SOURCE MATERIAL below:

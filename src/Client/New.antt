-- ===== src/Client/New.antt =====
-- `newClient` and `NewSubscription`: the defaults of the configuration, the endpoints, and the state
-- that a client and a subscription start in.
use Prim.Native.Char.{Char, code}
use centrifuge_go.Prelude.{
  ℕ, ◌*◌, String, Bool, true, false, List, [], ◌∷◌, Option, none, some, ◌==◌, nat_key, ◌&&◌,
  if◌then◌else◌, is_some, length,
}
use centrifuge_go.Errors.{GoError}
use centrifuge_go.Backoff.{second, new_backoff_reconnect}
use centrifuge_go.State.{Client, ClientHandlers, json, protobuf, disconnected, uses_delta}
use centrifuge_go.Subscription.{SubscriptionConfig, make_subscription}
use centrifuge_go.World.{World, update}
use centrifuge_go.Client.Teardown.{new_subscription}

-- The fields of `Config` that have defaults or are copied to the client. Durations are in
-- nanoseconds.
pub record Config : Type 0 where
  pub token : String
  pub has_get_token : Bool
  pub name : String
  pub read_timeout : ℕ
  pub write_timeout : ℕ
  pub handshake_timeout : ℕ
  pub max_server_ping_delay : ℕ
  pub min_reconnect_delay : ℕ
  pub max_reconnect_delay : ℕ

abbrev or_default : ℕ → ℕ → ℕ
or_default d n = if n == 0 then d else n

abbrev or_go : String → String
or_go String.[] = "go"
or_go (String.◌∷◌ c s) = String.◌∷◌ c s

unfoldable pub with_defaults : Config → Config
with_defaults config = record config {
  read_timeout = or_default (5 * second) config.read_timeout;
  write_timeout = or_default second config.write_timeout;
  handshake_timeout = or_default second config.handshake_timeout;
  max_server_ping_delay = or_default (10 * second) config.max_server_ping_delay;
  name = or_go config.name;
}

-- `strings.Split(endpoint, ",")`.
abbrev comma : ℕ
comma = 44

abbrev pub in_front : Char → List String → List String
in_front c [] = String.◌∷◌ c String.[] ∷ []
in_front c (e ∷ endpoints) = String.◌∷◌ c e ∷ endpoints

unfoldable pub split_endpoint : String → List String
split_endpoint String.[] = String.[] ∷ []
split_endpoint (String.◌∷◌ c s) =
    let rest = split_endpoint s in if code c == comma then String.[] ∷ rest else in_front c rest

-- `strings.HasPrefix(e, "ws")`.
unfoldable pub has_ws_prefix : String → Bool
has_ws_prefix (String.◌∷◌ c (String.◌∷◌ d s)) = code c == 119 && code d == 115
has_ws_prefix _ = false

unfoldable pub all_supported : List String → Bool
all_supported [] = true
all_supported (e ∷ endpoints) = has_ws_prefix e && all_supported endpoints

abbrev no_handlers : ClientHandlers
no_handlers = record {
  on_connected = false;
  on_disconnected = false;
  on_connecting = false;
  on_message = false;
  on_error = false;
  on_server_subscribe = false;
  on_server_subscribing = false;
  on_server_unsubscribed = false;
  on_server_publication = false;
  on_server_join = false;
  on_server_leave = false;
}

-- The struct that `newClient` makes.
unfoldable pub initial_client : ℕ → Bool → Config → Client
initial_client endpoints is_protobuf config = record {
  future_id = 0;
  cmd_id = 0;
  endpoints = endpoints;
  round = 0;
  connect_attempt = 0;
  protocol_type = if is_protobuf then protobuf else json;
  has_get_token = config.has_get_token;
  token = config.token;
  transport = none;
  state = disconnected;
  connected = false;
  subs = [];
  server_subs = [];
  subs_by_id = [];
  conn_generation = 0;
  requests = [];
  reconnect_attempts = 0;
  reconnect_strategy = new_backoff_reconnect config.min_reconnect_delay config.max_reconnect_delay;
  handlers = no_handlers;
  send_pong = false;
  close_ch_open = false;
  delay_ping = 0;
  connect_futures = [];
  cb_queue_set = true;
  reconnect_timer = none;
  refresh_timer = none;
  refresh_required = false;
  events = [];
  queue_closed = false;
  tasks = [];
  written = [];
  closed_transports = [];
  results = [];
}

-- `newClient`; `none` is its panic for an endpoint that it does not support. The order of the
-- endpoints, which it shuffles, is not looked at.
unfoldable pub new_client : String → Bool → Config → Option Client
unfolding split_endpoint all_supported
new_client endpoint is_protobuf config =
    let endpoints = split_endpoint endpoint in
    if all_supported endpoints
    then some (initial_client (length endpoints) is_protobuf (with_defaults config))
    else none

-- `NewJsonClient` and `NewProtobufClient`.
unfoldable pub new_json_client : String → Config → Option Client
unfolding new_client
new_json_client endpoint config = new_client endpoint false config

unfoldable pub new_protobuf_client : String → Config → Option Client
unfolding new_client
new_protobuf_client endpoint config = new_client endpoint true config

abbrev pub conflicts : Option SubscriptionConfig → Bool
conflicts none = false
conflicts (some config) = is_some config.tags_filter && uses_delta config.delta_type

-- `NewSubscription`, whose object is allocated at address `a`.
unfoldable pub create_subscription :
    String → Option SubscriptionConfig → ℕ → World → World × Option GoError
create_subscription channel config a w =
    let (c, e) = new_subscription channel (conflicts config) a w.client in
    if is_some e
    then (w, e)
    else (record { client = c; heap = update w.heap a (make_subscription a channel config) }, none)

End of SOURCE MATERIAL.

◆ **EXERCISE DETAILS**:
Scan the records above for the word "then". Show each line in which it appears.

◆ **SOLUTION**:
  if◌then◌else◌, is_some, length,
or_default d n = if n == 0 then d else n
    let rest = split_endpoint s in if code c == comma then String.[] ∷ rest else in_front c rest
  protocol_type = if is_protobuf then protobuf else json;
    then some (initial_client (length endpoints) is_protobuf (with_defaults config))
    then (w, e)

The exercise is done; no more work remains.